А стамеска уже пела на высоких тонах, деловито счищая замазку. И непроизвольно Луньков вдруг стал подпевать. Стамеске. Старался в лад. Мучился, как пёс, зажмуривался, кипел слезами…

Стамеска остановилась. Словно бы недоумевая, вслушиваясь. Луньков тоже оборвал. Оба ждали. Один снаружи, на окне, другой – внутри, внизу, в черноте бутафорской… И Луньков не выдержал – запел. Уже один. Забирал голосом выше, выше… «Заварзин! Заварзин! – забубнил было Роберт, прилипая к стеклу, пытаясь разглядеть. – Это я! Я! Роберт!» Но вместе с воем из черноты к нему уже летела, кувыркаясь, длинная портвейная бутылка. И отбросило его от стекла, и взорвалось всё с неожиданностью и грохотом гранаты.
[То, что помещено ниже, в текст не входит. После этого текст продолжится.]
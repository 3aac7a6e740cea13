-- ===== src/CatState/Letters.antt =====
-- src/cat_state.c: the state as the operator sees it: VFO A, VFO B and which one is selected.
use mhuxd.Base.{ℕ, ◌≡◌, Bool, true, if◌then◌else◌, arith}
use mhuxd.CatState.{
  CatState, Vfo, select_vfo, exchange_vfos, equalize_vfos, swap_vfos, slots_selected,
}

-- The two VFOs by their letters; `b_selected` is the selection.
pub record Letters : Type 0 where
  pub a : Vfo
  pub b : Vfo
  pub b_selected : Bool

abbrev pub letters : CatState → Letters
letters st = record {
  a = if st.vfo_ab.val then st.unsel else st.sel;
  b = if st.vfo_ab.val then st.sel else st.unsel;
  b_selected = st.vfo_ab.val;
}

-- Where the selection is known, `cat_state_select_vfo` only moves it: both lettered VFOs keep their
-- contents. `cat_state_exchange_vfos` exchanges them, and `cat_state_equalize_vfos` copies the selected
-- one over the other.
pub letters_refine :
    (st : CatState) (ab : Bool) (t : ℕ)
    → st.vfo_ab.valid ≡ true
    → (letters (select_vfo st ab t)
        ≡ record { a = (letters st).a; b = (letters st).b; b_selected = ab })
      × (letters (exchange_vfos st)
          ≡ record { a = (letters st).b; b = (letters st).a; b_selected = st.vfo_ab.val })
      × (letters (equalize_vfos st) ≡ record { a = st.sel; b = st.sel; b_selected = st.vfo_ab.val })
unfolding select_vfo slots_selected swap_vfos exchange_vfos equalize_vfos
letters_refine st ab t h = (ground arith, ground arith, ground arith)
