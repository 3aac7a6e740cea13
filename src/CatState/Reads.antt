-- ===== src/CatState/Reads.antt =====
-- src/cat_state.c: the mode of a VFO, read back after it was written.
use mhuxd.Base.{ℕ, ◌<◌, ◌≡◌, refl, Bool, ◌||◌, if◌then◌else◌, arith, ◌≢◌}
use mhuxd.CatState.Modes.{Mode, mode_eq_iff, with_data, without_data, enum_eq}
use mhuxd.CatState.{
  CatState, Vfo, set_mode, set_data, mode_of, slot, vfo_mode, vfo_set_mode, differs,
}

-- A base mode and its data flag make the mode again.
with_data-without_data : (m : Mode) → with_data (without_data m).0 (without_data m).1 ≡ m
unfolding with_data without_data
with_data-without_data = elim [ Mode.unknown ↦ refl | _ ↦ refl ]

module _ (m : Mode) (t : ℕ) (v : Vfo) (n : ℕ) where
  vfo_mode-vfo_set_mode :
      vfo_mode (vfo_set_mode m t (v, n)).0
      ≡ (if differs v.mode (without_data m).0 || (without_data m).1 then m else vfo_mode v)
  unfolding vfo_set_mode
  vfo_mode-vfo_set_mode =
      ground (arith, with_data-without_data m, mode_eq_iff v.mode.val (without_data m).0)

-- A mode other than the unknown one, set for a VFO, is the mode read back, but for one case: where
-- it names no data mode and repeats the base mode already known, the data flag stays in force.
pub mode_of-set_mode :
    (st : CatState) (vfo : ℕ) (m : Mode) (t : ℕ)
    → vfo < 2
    → m ≢ Mode.unknown
    → mode_of (set_mode st vfo m t) vfo ≡ (
        if differs (slot st vfo).mode (without_data m).0 || (without_data m).1
        then m
        else mode_of st vfo)
unfolding mode_of set_mode
mode_of-set_mode st vfo m t h k = ground (
  arith,
  vfo_mode-vfo_set_mode m t st.sel st.changes,
  vfo_mode-vfo_set_mode m t st.unsel st.changes,
)

-- Base mode and data flag set one after the other read back as the mode they make together.
pub mode_of-set_data-set_mode :
    (st : CatState) (vfo : ℕ) (m : Mode) (b : Bool) (t u : ℕ)
    → vfo < 2
    → m ≢ Mode.unknown
    → mode_of (set_data (set_mode st vfo m t) vfo b u) vfo ≡ with_data (without_data m).0 b
unfolding mode_of set_data set_mode vfo_set_mode
mode_of-set_data-set_mode st vfo m b t u h k = ground arith
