-- ===== src/CatState/Tokens.antt =====
-- src/cat_state.c: the rigctld tokens of the modes, both ways.
use mhuxd.Base.{◌≡◌, refl}
use mhuxd.CatState.Modes.{Mode, token, from_token, find_token}

-- Every mode is found again from its own token: the unknown one from the empty text, and `other` from
-- a text that is no token of the table.
pub from_token-token : (m : Mode) → from_token (token m) ≡ m
unfolding from_token find_token token
from_token-token = elim [ Mode.unknown ↦ refl | _ ↦ refl ]
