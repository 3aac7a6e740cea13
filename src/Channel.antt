-- ===== src/Channel.antt =====
-- src/channel.h, src/channel.c: the channels of a keyer, their names and their PTT lines.
pub mod Names
use mhuxd.Base.{
  ℕ, Bool, true, false, ◌||◌, Option, none, some, List, [], ◌∷◌, if◌then◌else◌, ◌==◌, codes,
  str_case_eq,
}

-- the `enum`'s numbers
abbrev pub flags : ℕ
flags = 0

abbrev pub control : ℕ
control = 1

abbrev pub winkey : ℕ
winkey = 2

abbrev pub ps2 : ℕ
ps2 = 3

abbrev pub r1 : ℕ
r1 = 4

abbrev pub r2 : ℕ
r2 = 5

abbrev pub r1_fsk : ℕ
r1_fsk = 6

abbrev pub r2_fsk : ℕ
r2_fsk = 7

abbrev pub ptt1 : ℕ
ptt1 = 9

abbrev pub ptt2 : ℕ
ptt2 = 10

abbrev pub ptt_focus : ℕ
ptt_focus = 11

abbrev pub mcp : ℕ
mcp = 12

abbrev pub rotator : ℕ
rotator = 13

-- `struct channel_map`
pub record Entry : Type 0 where
  pub name : List ℕ
  pub channel : ℕ

abbrev entry : List ℕ → ℕ → Entry
entry s c = record { name = s; channel = c }

pub channel_map : List Entry
channel_map =
    entry (codes "CTL") control
    ∷ entry (codes "FLAGS") flags
    ∷ entry (codes "R1") r1
    ∷ entry (codes "R2") r2
    ∷ entry (codes "CAT1") r1
    ∷ entry (codes "CAT2") r2
    ∷ entry (codes "AUX") r2
    ∷ entry (codes "FSK1") r1_fsk
    ∷ entry (codes "FSK2") r2_fsk
    ∷ entry (codes "WK") winkey
    ∷ entry (codes "PTT1") ptt1
    ∷ entry (codes "PTT2") ptt2
    ∷ entry (codes "PTT_FOCUS") ptt_focus
    ∷ entry (codes "MCP") mcp
    ∷ entry (codes "ROTATOR") rotator
    ∷ []

-- `ch_ptt_channel`; `none` for -1
pub ptt_channel : ℕ → Option ℕ
ptt_channel c =
    if c == r1 || c == r1_fsk
    then some ptt1
    else if c == r2 || c == r2_fsk
    then some ptt2
    else if c == winkey
    then some ptt_focus
    else if c == ptt1 || c == ptt2
    then some c
    else none

-- `ch_is_ptt_channel`
unfoldable pub is_ptt_channel : ℕ → Bool
is_ptt_channel c = c == ptt1 || c == ptt2 || c == ptt_focus

-- The loop of `ch_channel2str` and `ch_channel2str_new`.
pub find_name : ℕ → List Entry → Option (List ℕ)
find_name c [] = none
find_name c (e ∷ es) = if e.channel == c then some e.name else find_name c es

abbrev or_else : Option (List ℕ) → List ℕ → List ℕ
or_else none d = d
or_else (some s) d = s

-- `ch_channel2str`
pub channel2str : ℕ → List ℕ
unfolding find_name channel_map
channel2str c = or_else (find_name c channel_map) (codes "Unknown")

-- `ch_channel2str_new`; the flag is `mhi->flags & MHF_HAS_R2`.
pub channel2str_new : ℕ → Bool → List ℕ
unfolding find_name channel_map
channel2str_new c has_r2 =
    if c == r2
    then if has_r2 then codes "R2" else codes "AUX"
    else or_else (find_name c channel_map) (codes "UNKNOWN")

find_channel : List ℕ → List Entry → Option ℕ
find_channel s [] = none
find_channel s (e ∷ es) = if str_case_eq e.name s then some e.channel else find_channel s es

-- `ch_str2channel`; `none` for -1
pub str2channel : List ℕ → Option ℕ
unfolding find_channel channel_map
str2channel s = find_channel s channel_map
Луньков кинулся назад по коридору, в сторожку. Дрожа, высматривал Роберта в окно. Протрещало что-то во дворе стройки. Ещё какой-то шумок возник и пропал за дальним забором. И всё. Тихо стало. И не было будто ничего, и не было будто никакого Роберта. Вот да-а…

Во дворе стройки вдруг забесновался трельчатый свисток. Возле тёмной бытовки. «Милиция, – похолодел Луньков. – Уже примчались!» Снова. Ещё сильней. Тут же что-то упало в самой бытовке. Внутри. И свист оборвался… «Сосе-ед!» – явственно вылетело из тёмной форточки бытовки. Засвистело и опять оборвалось. И опять голос позвал: «Сосе-ед!»